[Stored data]
-- ===== src/Threads/Synch/Choice.antt =====
-- Which waiter sema_up chooses.
use pintos_project.Base.{
  ℕ, ◌≤◌, ◌<◌, ◌≡◌, refl, ap, inl, inr, true, List, [], ◌∷◌, ◌++◌, ◌==◌, ltb, arith, Bool-cases,
  count, count-append,
}
use pintos_project.Threads.Kernel.{Kernel, is_blocked}
use pintos_project.Threads.Synch.{max_waiter}

-- `w` has the highest priority in the queue, and of those that have it came first.
pub record IsFirstHighest (k : Kernel) (w : ℕ) (l : List ℕ) : Type 0 where
  pub before : List ℕ
  pub after : List ℕ
  pub split : l ≡ before ++ w ∷ after
  pub lower : (u : ℕ) → 0 < count u before → (k.threads u).priority < (k.threads w).priority
  pub no_higher : (u : ℕ) → 0 < count u after → (k.threads u).priority ≤ (k.threads w).priority

later_first :
    (k : Kernel) (w x : ℕ) (l : List ℕ)
    → (k.threads x).priority < (k.threads w).priority
    → IsFirstHighest k w l
    → IsFirstHighest k w (x ∷ l)
later_first k w x l h f = record {
  before = x ∷ f.before;
  after = f.after;
  split = ap (◌∷◌ x) f.split;
  lower = λ u p. elim (Bool-cases (x == u)) [
    | inl e ↦ ground (arith, e, h)
    | inr n ↦ f.lower u (ground (arith, n, p))
  ];
  no_higher = f.no_higher;
}

le-max_waiter :
    (k : Kernel) (b : ℕ) (l : List ℕ)
    → (k.threads b).priority ≤ (k.threads (max_waiter k b l)).priority
unfolding max_waiter
le-max_waiter k b [] = omega arith
le-max_waiter k b (t ∷ ts) = elim (Bool-cases (ltb (k.threads b).priority (k.threads t).priority)) [
  | inl up ↦ rw up (ground (arith, le-max_waiter k t ts, up))
  | inr stay ↦ rw stay (le-max_waiter k b ts)
]

-- A queue that gains `t`, no higher than its front `b`, behind `b`.
insert_second :
    (k : Kernel) (w b t : ℕ) (ts before after : List ℕ)
    → b ∷ ts ≡ before ++ w ∷ after
    → ((u : ℕ) → 0 < count u before → (k.threads u).priority < (k.threads w).priority)
    → ((u : ℕ) → 0 < count u after → (k.threads u).priority ≤ (k.threads w).priority)
    → (k.threads t).priority ≤ (k.threads b).priority
    → IsFirstHighest k w (b ∷ t ∷ ts)
insert_second k w b t ts [] after e lo hi le = record {
  before = [];
  after = t ∷ ts;
  split = cc e;
  lower = λ u p. absurd (omega arith);
  no_higher = λ u p. elim (Bool-cases (t == u)) [
    | inl same ↦ ground (arith, same, le, e)
    | inr n ↦ hi u (ground (arith, n, p, e))
  ];
}
insert_second k w b t ts (c ∷ bs) after e lo hi le = record {
  before = b ∷ t ∷ bs;
  after = after;
  split = cc e;
  lower = λ u p. ground (arith, p, lo u, lo b, le, e);
  no_higher = hi;
}

-- The best so far `b` stands before the rest `l`.
max_waiter-IsFirstHighest :
    (k : Kernel) (b : ℕ) (l : List ℕ) → IsFirstHighest k (max_waiter k b l) (b ∷ l)
unfolding max_waiter
max_waiter-IsFirstHighest k b [] = record {
  before = [];
  after = [];
  split = refl;
  lower = λ u p. absurd (omega arith);
  no_higher = λ u p. absurd (omega arith);
}
max_waiter-IsFirstHighest k b (t ∷ ts) =
    elim (Bool-cases (ltb (k.threads b).priority (k.threads t).priority)) [
      | inl up ↦ rw up (
          later_first k _ b (t ∷ ts) (ground (arith, up, le-max_waiter k t ts))
            (max_waiter-IsFirstHighest k t ts))
      | inr stay ↦ rw stay (
          let f = max_waiter-IsFirstHighest k b ts in
          insert_second k (max_waiter k b ts) b t ts f.before f.after f.split f.lower f.no_higher
            (ground (arith, stay)))
    ]

-- The threads that sleep on a semaphore are blocked threads other than the idle one.
pub record AreWaiting (k : Kernel) (l : List ℕ) : Type 0 where
  pub asleep : (u : ℕ) → 0 < count u l → is_blocked (k.threads u).status ≡ true
  pub real : count 0 l ≡ 0
  pub not_idle : count k.idle l ≡ 0

count-split : (w : ℕ) (before after l : List ℕ) → l ≡ before ++ w ∷ after → 0 < count w l
count-split w before after l e = rw (e, count-append w before (w ∷ after)) (ground arith)

-- The loop of sema_up compares the front with itself first.
pub woken_first :
    (k : Kernel) (t : ℕ) (ts : List ℕ) → IsFirstHighest k (max_waiter k t (t ∷ ts)) (t ∷ ts)
woken_first k t ts = rw same (max_waiter-IsFirstHighest k t ts)
  where
    same : max_waiter k t (t ∷ ts) ≡ max_waiter k t ts
    same = unfold max_waiter in ground arith

pub max_waiter-listed :
    (k : Kernel) (t : ℕ) (ts : List ℕ) → 0 < count (max_waiter k t (t ∷ ts)) (t ∷ ts)
max_waiter-listed k t ts =
    let f = woken_first k t ts in
    count-split (max_waiter k t (t ∷ ts)) f.before f.after (t ∷ ts) f.split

Exercise requirements => What lines in the data hold the word "split"? Return them.

Output for this task =>
  pub split : l ≡ before ++ w ∷ after
  split = ap (◌∷◌ x) f.split;
  split = cc e;
  split = cc e;
  split = refl;
          insert_second k (max_waiter k b ts) b t ts f.before f.after f.split f.lower f.no_higher
count-split : (w : ℕ) (before after l : List ℕ) → l ≡ before ++ w ∷ after → 0 < count w l
count-split w before after l e = rw (e, count-append w before (w ∷ after)) (ground arith)
    count-split (max_waiter k t (t ∷ ts)) f.before f.after (t ∷ ts) f.split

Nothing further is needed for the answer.